2023 marks the second anniversary of the listing of the first batch of publicly traded infrastructure REITs in China. Amid the comprehensive implementation of the expanded fundraising mechanism of publicly traded infrastructure REITs, the launch of pilot projects for consumer-oriented infrastructure, and the optimization of regulations, China's publicly traded REITs market is maturing towards normalized issuance. To establish its first platform of publicly traded REITs and realize asset securitization, the Group is actively planning for the declaration and issuance of public REITs, with the first batch intended to include mature logistics hub projects in Hangzhou and Guizhou as underlying assets. The issuance of public REITs is aimed at revitalizing the Group's premium logistics assets, further accelerating capital recovery and optimizing its investment portfolio, thus creating a positive cycle with the prerequisite of retaining the rights to operate the parks. The Group has achieved a major breakthrough in its issuance of public REITs that the application materials related to the registration and listing of the publicly traded fund were submitted to the China Securities Regulatory Commission ("CSRC") and the Shenzhen Stock Exchange. The Group will schedule the listing and issuance based on market conditions and regulatory approval progress.

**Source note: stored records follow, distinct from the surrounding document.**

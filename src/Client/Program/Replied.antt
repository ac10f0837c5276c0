-- ===== src/Client/Program/Replied.antt =====
-- A turn of the client, with the reply that it gets.
use mefsc.Common.{
  ℕ, ◌+◌, ◌≤◌, ◌≡◌, refl, sym, ap, ◌∙◌, subst, List, [], ◌++◌, arith, length, append_assoc,
  append-nil,
}
use mefsc.Constants.{stream_chunk_size, aead_npubbytes}
use mefsc.Platform.{Platform, W}
use mefsc.Platform.Laws.{View, Reliable, Sound}
use mefsc.Store.{upload, download, listing, delete, Reply, nothing, file, names, status}
use mefsc.Store.Wire.{
  IsInt, Asks, asks_upload, asks_download, asks_listing, asks_delete, Carries, carries_nothing,
  carries_file, carries_names, carries_status,
}
use mefsc.Client.{CommsAgent}
use mefsc.Client.Upload.Whole.{encrypt_and_send_to_server-Uploaded}
use mefsc.Client.Program.{Turn, StaleClient, is_intention}
use mefsc.Client.Program.Requests.{
  Suits, suits_upload, suits_download, suits_listing, suits_delete, IsClient, fetched,
}
use mefsc.Client.Program.Turns.{Begun, turn-Begun, Handled, Turned, Handled-Turned}
use mefsc.Client.Program.Handlers.{
  uploads-Handled, downloads-Handled, lists-Handled, deletes-Handled, entry_of, entry_of-IsEntry,
  entry_of-Unseals,
}

module _ ⦃p : Platform⦄ {Paired : p.sodium.Stream → p.sodium.Stream → Type 0}
    (sound : Sound p.sodium Paired) (view : View p.net.Sock) (good : Reliable p.net view)
    (fuel rounds : ℕ) (stale : StaleClient) (ca : CommsAgent) (password : List ℕ) where
  open view use {pending, noise}

  -- A turn's intention as it is sent.
  intended :
      {t : Turn} {nonce : List ℕ} {w : W} {n : ℕ}
      (b : Begun sound view good fuel rounds stale ca password t nonce w)
      → t.intention ≡ n
      → IsInt ca.client_tx n b.intent
  intended b i = subst (λ x. IsInt ca.client_tx x b.intent) i b.intends

  -- Over a reliable connection, for a turn that suits the client's disk and the reply that arrives: the turn
  -- goes on, has sent the notice and a fair request in good order that it stands for, and leaves the disk
  -- as said.
  pub turn-Turned :
      (d : p.storage.Disk) (t : Turn) (r : Reply) {d' : p.storage.Disk} {bytes : List ℕ}
      (nonce rest : List ℕ) (w : W)
      → Suits rounds password d t r d'
      → Carries ca.client_rx r bytes
      → w.disk ≡ d
      → length nonce ≡ aead_npubbytes
      → IsClient stale
      → pending w.sock ≡ bytes ++ rest
      → stream_chunk_size + 16 + noise w.sock ≤ fuel
      → Turned sound view good fuel rounds stale ca password d t nonce w rest d'
  unfolding is_intention
  turn-Turned d t nothing nonce rest w (suits_upload {contents = contents} i o h n nul plain)
        carries_nothing k l z q f =
      let b =
        turn-Begun sound view good fuel rounds stale ca password t nonce w l (rw i refl)
          (rw i refl) in
      let same : b.after.disk ≡ d = b.talked.same_disk ∙ k in
      let u =
        encrypt_and_send_to_server-Uploaded sound view good ca rounds b.agent t.file_name password
          contents b.after (ap (p.storage.open_read t.file_name) same ∙ o) b.agent_length
          (omega arith) h in
      Handled-Turned sound view good fuel rounds stale ca password
        (upload t.file_name
          (entry_of sound view good fuel rounds stale ca password b.agent contents b.after))
        b
        (subst
          (λ x.
            Handled sound view good fuel rounds stale ca password t b.agent b.ra_nonce b.after
              (u.announcement ++ u.chunks) rest x)
          same
          (uploads-Handled sound view good fuel rounds stale ca password t b.agent b.ra_nonce
            contents rest b.after i u (b.talked.remaining ∙ q)))
        (asks_upload (intended b i) u.announces u.carries refl)
        (
          i,
          refl,
          λ key pw. (
            contents,
            o,
            entry_of-Unseals sound view good fuel rounds stale ca password b.agent contents key
                b.after h pw,
          ),
        )
        (
          n,
          nul,
          plain,
          entry_of-IsEntry sound view good fuel rounds stale ca password b.agent contents b.after h,
        )
  turn-Turned d t (file e) nonce rest w
        (suits_download {contents = contents} i long short plain is u)
        (carries_file {f = hf} {g = hg} {c} x y cs shape) k l z q f =
      let b =
        turn-Begun sound view good fuel rounds stale ca password t nonce w l (rw i refl)
          (rw i refl) in
      let (sent, framed, h) =
        downloads-Handled sound view good fuel rounds stale ca password t b.agent b.ra_nonce rest e
          b.after i long short is u b.ra_length z x y cs
          (b.talked.remaining
            ∙ q
            ∙ ap (λ v. v ++ rest) shape
            ∙ append_assoc hf (hg ++ c) rest
            ∙ ap (◌++◌ hf) (append_assoc hg c rest))
          (omega (arith, b.talked.quieter)) in
      Handled-Turned sound view good fuel rounds stale ca password (download t.file_name) b
        (subst
          (λ x.
            Handled sound view good fuel rounds stale ca password t b.agent b.ra_nonce b.after sent
              rest (fetched rounds password t.file_name contents x))
          (b.talked.same_disk ∙ k) h)
        (asks_download (intended b i) framed refl) (i, refl) (short, plain)
  turn-Turned d t (names ns) nonce rest w (suits_listing i n s) (carries_names ms) k l z q f =
      let b =
        turn-Begun sound view good fuel rounds stale ca password t nonce w l (rw i refl)
          (rw i refl) in
      let h =
        lists-Handled sound view good fuel rounds stale ca password t b.agent b.ra_nonce rest ns
          b.after i n s ms (b.talked.remaining ∙ q) (omega (arith, b.talked.quieter)) in
      Handled-Turned sound view good fuel rounds stale ca password listing b
        (subst
          (λ x.
            Handled sound view good fuel rounds stale ca password t b.agent b.ra_nonce b.after []
              rest x)
          (b.talked.same_disk ∙ k) h)
        (subst (λ x. Asks ca.client_tx listing x) (sym (append-nil b.intent))
          (asks_listing (intended b i)))
        i tt
  turn-Turned d t (status n) nonce rest w (suits_delete i short plain lt) (carries_status g) k l z q
        f =
      let b =
        turn-Begun sound view good fuel rounds stale ca password t nonce w l (rw i refl)
          (rw i refl) in
      let (sent, framed, h) =
        deletes-Handled sound view good fuel rounds stale ca password t b.agent b.ra_nonce rest n
          b.after i short lt g (b.talked.remaining ∙ q) (omega (arith, b.talked.quieter)) in
      Handled-Turned sound view good fuel rounds stale ca password (delete t.file_name) b
        (subst
          (λ x.
            Handled sound view good fuel rounds stale ca password t b.agent b.ra_nonce b.after sent
              rest x)
          (b.talked.same_disk ∙ k) h)
        (asks_delete (intended b i) framed refl) (i, refl) (short, plain)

As regards the private equity funds, the Group established Shenshi (Shenzhen) Smart Logistics Infrastructure Private Fund Partnership (Limited Partnership) ("Shenshi Fund") with Goldstone Investment Limited, a subsidiary of CITIC Securities Co., Ltd. in 2021. Shenshi Fund, as the main entity, has acquired the Group's logistics hub projects located in Nanchang, Hefei and Hangzhou through public tenders. The Group has completed the injection of these three projects into Shenshi Fund in 2021 and 2022, and the projects have been running smoothly, delivering a stable operational performance. Given that the Group continues to provide professional services such as operational and maintenance functions to the above-mentioned logistics hubs injected into the fund and receives service fees accordingly, the injection of the assets into the fund enables the Group to accelerate capital recovery and facilitate effective investment under the prerequisite that it retains its rights to operate the parks, demonstrating the effective implementation of its "Investment, Construction, Financing and Operation" business model. The Group is actively preparing to establish a new batch of private equity funds and will engage in research on development-focused funds and acquisition funds to promote fund investments. It will also strengthen its collaboration with peers and financial institutions in order to facilitate the integration of industry and capital, and further drive the development of its "Investment, Construction, Financing and Operation" business model.

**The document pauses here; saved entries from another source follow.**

-- ===== src/Client/Program/Sessions.antt =====
-- The turns of a whole session.
use mefsc.Common.{
  ℕ, ◌+◌, ◌≤◌, ◌≡◌, refl, sym, ap, ◌∙◌, subst, List, [], ◌∷◌, ◌++◌, arith, length, All,
  append_assoc, append-nil, le_bytes, length-le_bytes,
}
use mefsc.Constants.{stream_chunk_size, aead_npubbytes, no_action}
use mefsc.Platform.{Platform, W}
use mefsc.Platform.Laws.{View, Reliable, Sound}
use mefsc.Outcome.{Outcome, bind-next}
use mefsc.Wire.Talk.{Spoken, Spoken-trans, Talked-Spoken, Sends-Talks}
use mefsc.Session.Frames.{wrap_and_send-Framed, sent_frame}
use mefsc.Store.{Request, Reply, IsFair}
use mefsc.Store.Wire.{AsksAll, CarriesAll}
use mefsc.Client.{CommsAgent, notify_server_of_action}
use mefsc.Client.Program.{Turn, StaleClient, turns_of, go_on, last_words}
use mefsc.Client.Program.Requests.{
  IsClient, SuitsAll, suits_last, suits_then, AreRequestsOf, are_last, are_then,
}
use mefsc.Client.Program.Replied.{turn-Turned}

module _ ⦃p : Platform⦄ {Paired : p.sodium.Stream → p.sodium.Stream → Type 0}
    (sound : Sound p.sodium Paired) (view : View p.net.Sock) (good : Reliable p.net view)
    (fuel rounds : ℕ) (stale : StaleClient) (ca : CommsAgent) (password : List ℕ) where
  open view use {pending, noise}

  -- What a session of the client was.
  pub record Asked (ts : List Turn) (rs : List Reply) (nonce : List ℕ) (w : W) (rest : List ℕ)
      (d' : p.storage.Disk) : Type 0 where
    pub after : W
    pub requests : List Request
    pub sent : List ℕ
    pub result : turns_of fuel rounds stale ca password ts nonce w ≡ Outcome.next 0 after
    pub asks : AsksAll ca.client_tx requests sent
    pub fair : All (IsFair rounds) requests
    pub right : AreRequestsOf rounds password w.disk ts rs d' requests
    pub spoken : Spoken view w sent rest after
    pub disk : after.disk ≡ d'

  -- Over a reliable connection, for a nonce of its length and arrays of at most the declared sizes, where
  -- the replies arrive that suit the turns: the session returns 0, has sent one after another, in good
  -- order and with the goodbye at the end, fair requests that the turns stand for, and its disk is the one
  -- that the turns leave.
  pub turns_of-Asked :
      (ts : List Turn) (rs : List Reply) {bytes : List ℕ} (nonce rest : List ℕ) (w : W)
      {d' : p.storage.Disk}
      → SuitsAll rounds password w.disk ts rs d'
      → CarriesAll ca.client_rx rs bytes
      → length nonce ≡ aead_npubbytes
      → IsClient stale
      → pending w.sock ≡ bytes ++ rest
      → stream_chunk_size + 16 + noise w.sock ≤ fuel
      → Asked ts rs nonce w rest d'
  unfolding turns_of go_on last_words notify_server_of_action
  turns_of-Asked [] rs nonce rest w ss cs l z e b = elim ss [ ]
  turns_of-Asked (t ∷ ts) [] nonce rest w ss cs l z e b = elim ss [ ]
  turns_of-Asked (t ∷ ts) (r ∷ rs) nonce rest w (suits_last s stop)
        (CarriesAll.then {f} {g} c CarriesAll.done shape) l z e b =
      let v =
        turn-Turned sound view good fuel rounds stale ca password w.disk t r nonce rest w s c refl l
          z (e ∙ ap (λ x. x ++ rest) (shape ∙ append-nil f)) b in
      let n =
        wrap_and_send-Framed sound view good ca.client_tx v.nonce' (le_bytes 4 no_action) v.after
          v.nonce_length (omega (arith, length-le_bytes 4 no_action)) in
      let (w2, e2, v2) = Sends-Talks view v.spoken.remaining (sent_frame sound view good n) in
      record {
        after = w2;
        requests = v.request ∷ [];
        sent = (v.notice ++ v.bytes) ++ n.bytes;
        result = bind-next _ v.result (
            ap
              (λ x.
                go_on fuel rounds stale ca password x
                  (turns_of fuel rounds stale ca password ts v.nonce') v.nonce' v.after)
              stop
            ∙ bind-next _ e2 refl);
        asks =
            AsksAll.then v.announced v.asks
              (AsksAll.goodbye {notice = no_action} (omega arith) (λ e. omega (arith, e)) n.framed)
              (append_assoc v.notice v.bytes n.bytes);
        fair = (v.fair, tt);
        right = are_last s v.right;
        spoken = Spoken-trans view v.spoken (Talked-Spoken view v2);
        disk = v2.same_disk ∙ v.disk;
      }
  turns_of-Asked (t ∷ ts) (r ∷ rs) nonce rest w {d' = d'} (suits_then s more ss)
        (CarriesAll.then {f} {g} c cs shape) l z e b =
      let v =
        turn-Turned sound view good fuel rounds stale ca password w.disk t r nonce (g ++ rest) w s c
          refl l z (e ∙ ap (λ x. x ++ rest) shape ∙ append_assoc f g rest) b in
      let u =
        turns_of-Asked ts rs v.nonce' rest v.after
          (subst (λ x. SuitsAll rounds password x ts rs d') (sym v.disk) ss) cs v.nonce_length z
          v.spoken.remaining (omega (arith, v.spoken.quieter)) in
      record {
        after = u.after;
        requests = v.request ∷ u.requests;
        sent = (v.notice ++ v.bytes) ++ u.sent;
        result = bind-next _ v.result (
            ap
              (λ x.
                go_on fuel rounds stale ca password x
                  (turns_of fuel rounds stale ca password ts v.nonce') v.nonce' v.after)
              more
            ∙ u.result);
        asks = AsksAll.then v.announced v.asks u.asks (append_assoc v.notice v.bytes u.sent);
        fair = (v.fair, u.fair);
        right =
            are_then s v.right
              (subst (λ x. AreRequestsOf rounds password x ts rs d' u.requests) v.disk u.right);
        spoken = Spoken-trans view v.spoken u.spoken;
        disk = u.disk;
      }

The Group will optimize its short closed-loop "Investment, Construction, Financing and Operation" business model through a range of channels, further accelerating asset securitization, expanding financing channels, and enhancing the efficiency of its capital utilization. First, the Group will continue to follow up on the initial issuance of the first tranche of publicly-traded REITs, arranging issuance after assessing the current situation and market conditions, as well as the approval progress from regulatory authorities. Second, the Group will steadily push forward the setting up of a private equity fund and finalize the proposal for a new logistics warehousing and storage infrastructure fund. Third, the Group will study and optimize its fund allocation, deepen communications with potential partners, and initiate the establishment of development-focused and acquisition-focused logistics and warehouse investment funds, as well as upstream and downstream investment funds in the industry chain at an appropriate time and in accordance with economic circumstances and the Group's development plans.
With the increased implementation of the national "Two-region Engines" strategy, the Greater Bay Area is set to become one of the most open and economically vibrant regions in China. However, the supply of new land in the Greater Bay Area is limited, particularly in core areas, where land resources are especially precious. The Group's SZI South China Logistics Park is located in the central axis and core node of Shenzhen. With a site area of approximately 580,000 square meters. It is the largest traditional warehousing and logistics park the Group owns in Shenzhen. Promoting the transformation of SZI South China Logistics Park into a south China digital economy super headquarters base is a crucial task for the Group in exploring the long closed-loop "Investment, Construction, Operation and Transformation" development model, following the Qianhai Project.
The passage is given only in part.